Question

Question #110e4

Answer 1

`cos(theta)=-sqrt(1-k^2)`
`tan(theta)=-k/sqrt(1-k^2)=-(ksqrt(1-k^2))/(1-k^2)`
`sin(theta+pi)=-k`

Explanation:

It is given that `sin(theta)=k` and that `theta` is an obtuse angle (`pi/2< theta< pi`). Thus, angle `theta` is in the second quadrant.

We can find `cos(theta)` by using the property `sin^2(theta)+cos^2(theta)=1`. Then, `cos(theta)=+-sqrt(1-sin^2(theta))=+-sqrt(1-k^2)`. Since `theta` is in the second quadrant and the cosine function returns negative values in the second quadrant, `cos(theta)=-sqrt(1-k^2)`.

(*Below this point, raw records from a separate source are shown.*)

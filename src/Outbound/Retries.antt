-- ===== src/Outbound/Retries.antt =====
-- The life of one row of the queue: src/wootpilot/persistence/repositories.py claims it, and
-- src/wootpilot/application/outbound.py marks how the claimed action ended.
use Prim.Native.Nat.{ℕ, ◌+◌, ◌≤◌, ◌<◌}
use mathlib.Core.Path.{◌≡◌}
use mathlib.Core.Bool.{Bool, true, false}
use mathlib.Core.Option.{Option}
use native.Mathlib.Omega.{arith}
use wootpilot.Prelude.Text.{Text}
use wootpilot.Domain.Rules.{PolicyRule}
use wootpilot.Domain.Outbound.{ChatwootApiError, OutboundActionStatus, Settings}
use wootpilot.Persistence.Rows.{OutboundActionRow}
use wootpilot.Persistence.Queue.{
  action_due, claim_row, mark_row, queued_action_due, retryable_action_due, row_to_outbound_action,
}
use wootpilot.Outbound.Checks.{
  blocked_mark, failure_status, next_attempt_at, send_failure_mark, sent_mark, superseded_mark,
}

-- One change of a row by the worker, with the failures of a send that it counts. It marks only rows
-- that it has claimed, which nothing else has marked since; the mark itself checks no status.
pub data Step (settings : Settings) : OutboundActionRow → ℕ → OutboundActionRow → Type 0 where
  claimed :
      (row : OutboundActionRow) (now delay claimed_at : ℕ)
      → action_due now delay row ≡ true
      → Step settings row 0 (claim_row claimed_at row)
  failed :
      (row : OutboundActionRow) (exc : ChatwootApiError) (now now' : ℕ)
      → row.status ≡ OutboundActionStatus.executing
      → Step settings row 1
          (mark_row (send_failure_mark settings (row_to_outbound_action row) exc now now') row)
  blocked :
      (row : OutboundActionRow) (rule : PolicyRule) (now : ℕ)
      → row.status ≡ OutboundActionStatus.executing
      → Step settings row 0 (mark_row (blocked_mark now rule) row)
  superseded :
      (row : OutboundActionRow) (now : ℕ)
      → row.status ≡ OutboundActionStatus.executing
      → Step settings row 0 (mark_row (superseded_mark now) row)
  sent :
      (row : OutboundActionRow) (provider_message_id : Text) (post_send_failure : Option Text)
      (now : ℕ)
      → row.status ≡ OutboundActionStatus.executing
      → Step settings row 0 (mark_row (sent_mark provider_message_id post_send_failure now) row)

-- Any number of steps, with the failures in all of them.
pub data Steps (settings : Settings) : OutboundActionRow → ℕ → OutboundActionRow → Type 0 where
  done : (row : OutboundActionRow) → Steps settings row 0 row
  then :
      (row row' row'' : OutboundActionRow) (m n : ℕ)
      → Steps settings row m row'
      → Step settings row' n row''
      → Steps settings row (m + n) row''

-- The statuses that the worker may still change.
abbrev pub is_live : OutboundActionStatus → Bool
is_live OutboundActionStatus.queued = true
is_live OutboundActionStatus.executing = true
is_live OutboundActionStatus.retryable_failure = true
is_live _ = false

-- The attempts of a row stay within the limit, and below it while the row is live.
record Bounded (settings : Settings) (row : OutboundActionRow) : Type 0 where
  within : row.attempt_count ≤ settings.outbound_max_attempts
  below : is_live row.status ≡ true → row.attempt_count < settings.outbound_max_attempts

due_live :
    (now delay : ℕ) (row : OutboundActionRow)
    → action_due now delay row ≡ true
    → is_live row.status ≡ true
unfolding action_due queued_action_due retryable_action_due
due_live now delay row h = ground arith

module _ (settings : Settings) where
  Step-Bounded :
      (row row' : OutboundActionRow) (n : ℕ)
      → Step settings row n row'
      → Bounded settings row
      → Bounded settings row' × (row'.attempt_count ≡ row.attempt_count + n)
  unfolding mark_row send_failure_mark failure_status row_to_outbound_action blocked_mark
      superseded_mark sent_mark next_attempt_at
  Step-Bounded _ _ _ (Step.claimed row now delay claimed_at due) b = (
    record { within = b.within; below = λ _. b.below (due_live now delay row due) },
    ground arith,
  )
  Step-Bounded _ _ _ (Step.failed row exc now now' running) b = (
    record { within = ground (arith, b.below); below = λ live. ground (arith, b.below) },
    ground arith,
  )
  Step-Bounded _ _ _ (Step.blocked row rule now running) b =
      (record { within = b.within; below = λ live. ground arith }, ground arith)
  Step-Bounded _ _ _ (Step.superseded row now running) b =
      (record { within = b.within; below = λ live. ground arith }, ground arith)
  Step-Bounded _ _ _ (Step.sent row id failure now running) b =
      (record { within = b.within; below = λ live. ground arith }, ground arith)

  Steps-Bounded :
      (row row' : OutboundActionRow) (n : ℕ)
      → Steps settings row n row'
      → Bounded settings row
      → Bounded settings row' × (row'.attempt_count ≡ row.attempt_count + n)
  Steps-Bounded _ _ _ (Steps.done row) b = (b, ground arith)
  Steps-Bounded _ _ _ (Steps.then row row' row'' m k steps step) b =
      let (b', e) = Steps-Bounded row row' m steps b in
      let (b'', e') = Step-Bounded row' row'' k step b' in (b'', omega (arith, e, e'))

-- A row that was queued with no attempt counts its failed sends exactly, and these are never more
-- than the configured maximum, which must allow one. While a row may still be claimed or is being
-- executed, an attempt is left.
pub Steps-attempts :
    (settings : Settings) (row row' : OutboundActionRow) (failures : ℕ)
    → row.status ≡ OutboundActionStatus.queued
    → row.attempt_count ≡ 0
    → 1 ≤ settings.outbound_max_attempts
    → Steps settings row failures row'
    → (row'.attempt_count ≡ failures)
      × (failures ≤ settings.outbound_max_attempts)
      × (is_live row'.status ≡ true → failures < settings.outbound_max_attempts)
Steps-attempts settings row row' failures new none_yet allowed steps =
    let (b, e) =
      Steps-Bounded settings row row' failures steps
        (record { within = omega (arith, none_yet); below = λ _. omega (arith, none_yet) }) in
    let count : row'.attempt_count ≡ failures = omega (arith, e, none_yet) in
    (count, omega (arith, count, b.within), λ live. omega (arith, count, b.below live))
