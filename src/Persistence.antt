-- ===== src/Persistence.antt =====
-- src/wootpilot/persistence: the tables, and the repository that the use cases write through.
pub mod Rows
pub mod MessageOrder
pub mod Repository
pub mod Queue
pub mod DueTime
pub mod Claims
pub mod Oldest
pub mod Superseding
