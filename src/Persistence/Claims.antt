-- ===== src/Persistence/Claims.antt =====
-- persistence/repositories.py, claim_queued_outbound_actions: what claims hand out.
use Prim.Native.Nat.{ℕ}
use mathlib.Core.Path.{◌≡◌, sym, ◌∙◌, ap}
use mathlib.Core.Logic.{◌≢◌, ◌⊎◌, inl, inr}
use mathlib.Core.Bool.{true, false}
use mathlib.Core.List.{List, [], ◌∷◌, map}
use native.Mathlib.Omega.{arith}
use wootpilot.Prelude.Tests.{if◌then◌else◌, Bool-cases}
use wootpilot.Prelude.Lists.{
  filter, ◌∈◌, mem_of_mem-filter, mem_of_mem-take, mem-map, mem-map_cases,
}
use wootpilot.Prelude.Text.{Text, mem_text, mem_text_iff}
use wootpilot.Domain.Outbound.{OutboundActionStatus, QueuedOutboundAction}
use wootpilot.Persistence.Rows.{OutboundActionRow, Db}
use wootpilot.Persistence.Queue.{
  row_to_outbound_action, action_due, queued_action_due, retryable_action_due, insert_by_created,
  order_by_created, due_actions, claim_row, id_of, claim_queued_outbound_actions,
}

pub mem-insert_by_created :
    (x r : OutboundActionRow) (rows : List OutboundActionRow)
    → x ∈ insert_by_created r rows
    → (x ≡ r) ⊎ (x ∈ rows)
unfolding insert_by_created
mem-insert_by_created x r [] m = m
mem-insert_by_created x r (q ∷ rows) m = ground (arith, mem-insert_by_created x r rows)

mem-order_by_created :
    (x : OutboundActionRow) (rows : List OutboundActionRow) → x ∈ order_by_created rows → x ∈ rows
unfolding order_by_created
mem-order_by_created x [] m = m
mem-order_by_created x (r ∷ rows) m = elim (mem-insert_by_created x r (order_by_created rows) m) [
  | inl e ↦ inl e
  | inr k ↦ inr (mem-order_by_created x rows k)
]

-- A selected row is a row of the table and is due.
pub mem-due_actions :
    (limit now delay : ℕ) (x : OutboundActionRow) (rows : List OutboundActionRow)
    → x ∈ due_actions limit now delay rows
    → (x ∈ rows) × (action_due now delay x ≡ true)
unfolding due_actions
mem-due_actions limit now delay x rows m = mem_of_mem-filter (action_due now delay) x rows (
    mem-order_by_created x (filter (action_due now delay) rows)
      (mem_of_mem-take limit x (order_by_created (filter (action_due now delay) rows)) m))

-- A row that is executing is not due, whatever the time.
executing_not_due :
    (now delay : ℕ) (r : OutboundActionRow)
    → r.status ≡ OutboundActionStatus.executing
    → action_due now delay r ≡ false
unfolding action_due queued_action_due retryable_action_due
executing_not_due now delay r h = ground arith

-- What a claim says of the row behind an action that it hands out.
pub record ClaimedRow (now delay : ℕ) (db : Db) (a : QueuedOutboundAction) : Type 0 where
  pub row : OutboundActionRow
  pub listed : row ∈ db.outbound_actions
  pub due : action_due now delay row ≡ true
  pub identified : a.id ≡ row.id
  pub executing : a.status ≡ OutboundActionStatus.executing

-- Every action that a claim hands out is executing, and stands for a row of the table that was due.
pub claim-ClaimedRow :
    (db : Db) (limit now claimed_at delay : ℕ) (a : QueuedOutboundAction)
    → a ∈ (claim_queued_outbound_actions db limit now claimed_at delay).0
    → ClaimedRow now delay db a
unfolding claim_queued_outbound_actions row_to_outbound_action
claim-ClaimedRow db limit now claimed_at delay a m =
    let (row, among, e) =
      mem-map_cases (λ r. row_to_outbound_action (claim_row claimed_at r)) a
        (due_actions limit now delay db.outbound_actions) m in
    let (listed, due) = mem-due_actions limit now delay row db.outbound_actions among in
    record {
      row = row;
      listed = listed;
      due = due;
      identified = ap (λ (q : QueuedOutboundAction). q.id) e;
      executing = ap (λ (q : QueuedOutboundAction). q.status) e;
    }

marked_executing :
    (ids : List Text) (claimed_at : ℕ) (r old : OutboundActionRow) (id : Text)
    → r ≡ (if mem_text old.id ids then claim_row claimed_at old else old)
    → id ∈ ids
    → id ≡ r.id
    → r.status ≡ OutboundActionStatus.executing
marked_executing ids claimed_at r old id e m same = elim (Bool-cases (mem_text old.id ids)) [
  | inl chosen ↦ ground arith
  | inr left ↦
      let known : old.id ≡ id = ground arith in cc (left, (mem_text_iff old.id ids).1 (rw known m))
]

-- After a claim, a row whose action was handed out is executing.
claimed_executing :
    (db : Db) (limit now claimed_at delay : ℕ) (a : QueuedOutboundAction) (r : OutboundActionRow)
    → a ∈ (claim_queued_outbound_actions db limit now claimed_at delay).0
    → r ∈ (claim_queued_outbound_actions db limit now claimed_at delay).1.outbound_actions
    → a.id ≡ r.id
    → r.status ≡ OutboundActionStatus.executing
unfolding claim_queued_outbound_actions row_to_outbound_action
claimed_executing db limit now claimed_at delay a r m k e =
    let rows = due_actions limit now delay db.outbound_actions in
    let ids = map id_of rows in
    let (row, among, made) =
      mem-map_cases (λ r. row_to_outbound_action (claim_row claimed_at r)) a rows m in
    let (old, listed, kept) =
      mem-map_cases (λ r. if mem_text r.id ids then claim_row claimed_at r else r) r
        db.outbound_actions k in
    marked_executing ids claimed_at r old row.id kept (mem-map id_of row rows among)
      (sym (ap (λ (q : QueuedOutboundAction). q.id) made) ∙ e)

-- An action that one claim hands out is in no later claim, at whatever time, as long as nothing
-- else has written to the queue.
pub claims_disjoint :
    (db : Db) (limit now claimed_at delay limit' now' claimed_at' delay' : ℕ)
    (a b : QueuedOutboundAction)
    → a ∈ (claim_queued_outbound_actions db limit now claimed_at delay).0
    → b
      ∈ (claim_queued_outbound_actions
          (claim_queued_outbound_actions db limit now claimed_at delay).1
          limit'
          now'
          claimed_at'
          delay').0
    → a.id ≢ b.id
claims_disjoint db limit now claimed_at delay limit' now' claimed_at' delay' a b m k e =
    let later = (claim_queued_outbound_actions db limit now claimed_at delay).1 in
    let second = claim-ClaimedRow later limit' now' claimed_at' delay' b k in
    let running =
      claimed_executing db limit now claimed_at delay a second.row m second.listed
        (e ∙ second.identified) in
    cc (second.due, executing_not_due now' delay' second.row running)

We can find `tan(theta)` by using the property `tan(theta)=sin(theta)/cos(theta)=k/-sqrt(1-k^2)=-k/sqrt(1-k^2)`. This can also be rewritten as `-(ksqrt(1-k^2))/(1-k^2)`.

To find `sin(theta+pi)`, use the unit circle. `pi` is half a circle, and adding it to an angle negates both its `x` and `y` coordinate. `sin(theta)` is the value of the `y` coordinate; therefore `sin(theta+pi)=-sin(theta)=-k`.